Hence, we can see how blocking such circumventions will very likely be pretty much impossible to do completely and absolutely; rather, it will be likely a constant two-sided war of heuristics versus heuristics where neither side would have a permanent upper hand. We may see the development of centralized firms whose sole purpose is to accept any transaction and find some way to “sneak it in” to the blockchain in exchange for a fee, and these firms would consistently update their algorithms in response to the updated algorithms of the parties that are trying to work against their previous algorithms to block the attempt. Perhaps, this is the best that we can do.

Anti-censorship and Finality

It is important to note that the above by itself does not prove that censorship is extremely expensive all on its own. Rather, it shows that, if developers take care to add certain features into the blockchain protocol, censorship can be made as hard as reversion. This still leaves the question of how difficult reversion is in the first place. A lot of earlier consensus protocols, including proof of work and naive versions of proof of stake, do not make small-depth reversion very difficult; hence, if it takes a hundred blocks to realize that an undesirable transaction has successfully entered the system, then it would be a major inconvenience but the validators would be able to discard the old blockchain and create a new one, with all of the transactions from the old chain included in order in order to avoid inconveniencing anyone else (although anyone that was using the blockchain as a source of randomness would unfortunately be out of their luck). Newer protocols like Tendermint, however, use security deposits to make reverting even one block almost impossible, and so do not run into this problem; if you can get the delayed events into the blockchain at all, you’ve already won.

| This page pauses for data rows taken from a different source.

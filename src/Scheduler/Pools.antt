-- ===== src/Scheduler/Pools.antt =====
-- pkg/scheduler/pool_manager.go, and the choice of pool controllers for a request in
-- pkg/scheduler/scheduler.go. A controller is given by what its methods answer; `state` is the
-- answer of `State()` while a request is handled.
pub mod Offers
pub mod Choice
use beta.Base.{
  ℕ, String, Bool, true, false, not, ◌&&◌, ◌||◌, Option, none, some, List, [], ◌∷◌, ◌++◌, map,
  Permᴰ, All, Result, ok, err, str_eq, non_empty, if◌then◌else◌, lookup, put, keep_if,
}
use beta.Base.Int.{ℤ, pos, ◌≤ℤ◌}
use beta.Types.{ContainerRequest, requires_gpu, gpu_any}
use beta.Scheduler.Filters.{gvisor}

pub data WorkerPoolStatus : Type 0 where
  healthy degraded : WorkerPoolStatus
  other_pool_status : String → WorkerPoolStatus

pub record WorkerPoolController : Type 0 where
  pub name : String
  pub is_preemptable : Bool
  pub requires_pool_selector : Bool
  pub container_runtime : String
  pub state : Result (Unit {0}) WorkerPoolStatus

-- `gpu_type` and `priority` are fields of `Config`.
pub record WorkerPool : Type 0 where
  pub name : String
  pub gpu_type : String
  pub priority : ℤ  -- int32
  pub controller : WorkerPoolController

pub record WorkerPoolManager : Type 0 where
  pub pool_map : List (String × WorkerPool)
  pub failover_enabled : Bool

abbrev pub is_degraded : WorkerPoolStatus → Bool
is_degraded degraded = true
is_degraded _ = false

abbrev pub state_healthy : Result (Unit {0}) WorkerPoolStatus → Bool
state_healthy (err e) = false
state_healthy (ok s) = not (is_degraded s)

unfoldable pub is_pool_healthy : WorkerPoolManager → WorkerPool → Bool
is_pool_healthy m pool = if m.failover_enabled then state_healthy pool.controller.state else true

unfoldable pub get_pool : WorkerPoolManager → String → Option WorkerPool
get_pool m name = lookup name m.pool_map

-- The callback of `Range` in `GetPoolByFilters`: whether the pool is appended.
unfoldable pub matches_filters : WorkerPoolManager → String → WorkerPool → Bool
unfolding is_pool_healthy
matches_filters m gpu_type pool =
    if not (str_eq pool.gpu_type gpu_type) && not (str_eq gpu_type gpu_any)
    then false
    else if str_eq gpu_type gpu_any && not (non_empty pool.gpu_type)
    then false
    else if not (is_pool_healthy m pool)
    then false
    else true

-- The priorities do not increase.
abbrev pub ByPriority : List WorkerPool → Type 0
ByPriority [] = Unit {0}
ByPriority (p ∷ l) = All (λ (q : WorkerPool). q.priority ≤ℤ p.priority) l × ByPriority l

-- What `slices.SortFunc` does with the comparison of `GetPoolByFilters`; it is not stable.
pub record SortFunc : Type 0 where
  pub sort : List WorkerPool → List WorkerPool
  pub sort-perm : (l : List WorkerPool) → Permᴰ l (sort l)
  pub sort-ByPriority : (l : List WorkerPool) → ByPriority (sort l)

abbrev pub pools_of : List (String × WorkerPool) → List WorkerPool
pools_of l = map (λ (e : String × WorkerPool). e.1) l

unfoldable pub get_pool_by_filters : SortFunc → WorkerPoolManager → String → List WorkerPool
unfolding matches_filters
get_pool_by_filters s m gpu_type =
    s.sort (keep_if (matches_filters m gpu_type) (pools_of m.pool_map))

unfoldable pub first_pool : (WorkerPool → Bool) → List WorkerPool → Option WorkerPool
first_pool p [] = none
first_pool p (pool ∷ l) = let later = first_pool p l in if p pool then some pool else later

unfoldable pub get_pool_by_gpu : WorkerPoolManager → String → Option WorkerPool
unfolding first_pool is_pool_healthy
get_pool_by_gpu m gpu_type =
    first_pool
      (λ pool. if not (str_eq pool.gpu_type gpu_type) then false else is_pool_healthy m pool)
      (pools_of m.pool_map)

-- `pool` has the name, the configuration and the controller that are set.
unfoldable pub set_pool : String → WorkerPool → WorkerPoolManager → WorkerPoolManager
set_pool name pool m = record m { pool_map = put name (record pool { name = name }) m.pool_map }

-- Whether the loop of `filterControllersByFlags` keeps a controller.
unfoldable pub controller_allowed : ContainerRequest → WorkerPoolController → Bool
controller_allowed r c =
    if not r.preemptable && c.is_preemptable
    then false
    else if non_empty r.pool_selector && not (str_eq c.name r.pool_selector)
        || not (non_empty r.pool_selector) && c.requires_pool_selector
    then false
    else if r.docker_enabled && not (str_eq c.container_runtime gvisor)
    then false
    else true

unfoldable pub filter_controllers_by_flags :
    List WorkerPoolController → ContainerRequest → List WorkerPoolController
unfolding controller_allowed
filter_controllers_by_flags controllers r = keep_if (controller_allowed r) controllers

abbrev pub controllers_of : List WorkerPool → List WorkerPoolController
controllers_of l = map (λ (p : WorkerPool). p.controller) l

-- The loop over the requested GPU types; "any" ends it.
unfoldable pub gpu_controllers :
    SortFunc → WorkerPoolManager → List String → List WorkerPoolController
unfolding get_pool_by_filters
gpu_controllers s m [] = []
gpu_controllers s m (gpu ∷ gpus) =
    let rest = gpu_controllers s m gpus in
    let here = controllers_of (get_pool_by_filters s m gpu) in
    if str_eq gpu gpu_any then here else here ++ rest

abbrev pub unless_empty : List WorkerPoolController → Result (Unit {0}) (List WorkerPoolController)
unless_empty [] = err tt
unless_empty (c ∷ cs) = ok (c ∷ cs)

abbrev pub selected_pool :
    Option WorkerPool → ContainerRequest → Result (Unit {0}) (List WorkerPoolController)
selected_pool none r = err tt
selected_pool (some p) r = unless_empty (filter_controllers_by_flags (p.controller ∷ []) r)

unfoldable pub get_controllers :
    SortFunc → WorkerPoolManager → ContainerRequest → Result (Unit {0}) (List WorkerPoolController)
unfolding get_pool gpu_controllers get_pool_by_filters filter_controllers_by_flags
get_controllers s m r =
    if non_empty r.pool_selector
    then selected_pool (get_pool m r.pool_selector) r
    else if not (requires_gpu r)
    then unless_empty (filter_controllers_by_flags (controllers_of (get_pool_by_filters s m "")) r)
    else unless_empty (filter_controllers_by_flags (gpu_controllers s m r.gpu_request) r)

This, incidentally, is an important case study of the importance of “bribe attacks” as a theoretical concern in cryptoeconomics: even though literal bribes may in many cases be unrealistic, external incentive adjustments can come from any source. If one can prove that blockchains are extremely expensive to revert, then one can be assured that they will be extremely expensive to revert for any purpose, including attacker bribes and external desires to revert transactions for some particular purpose.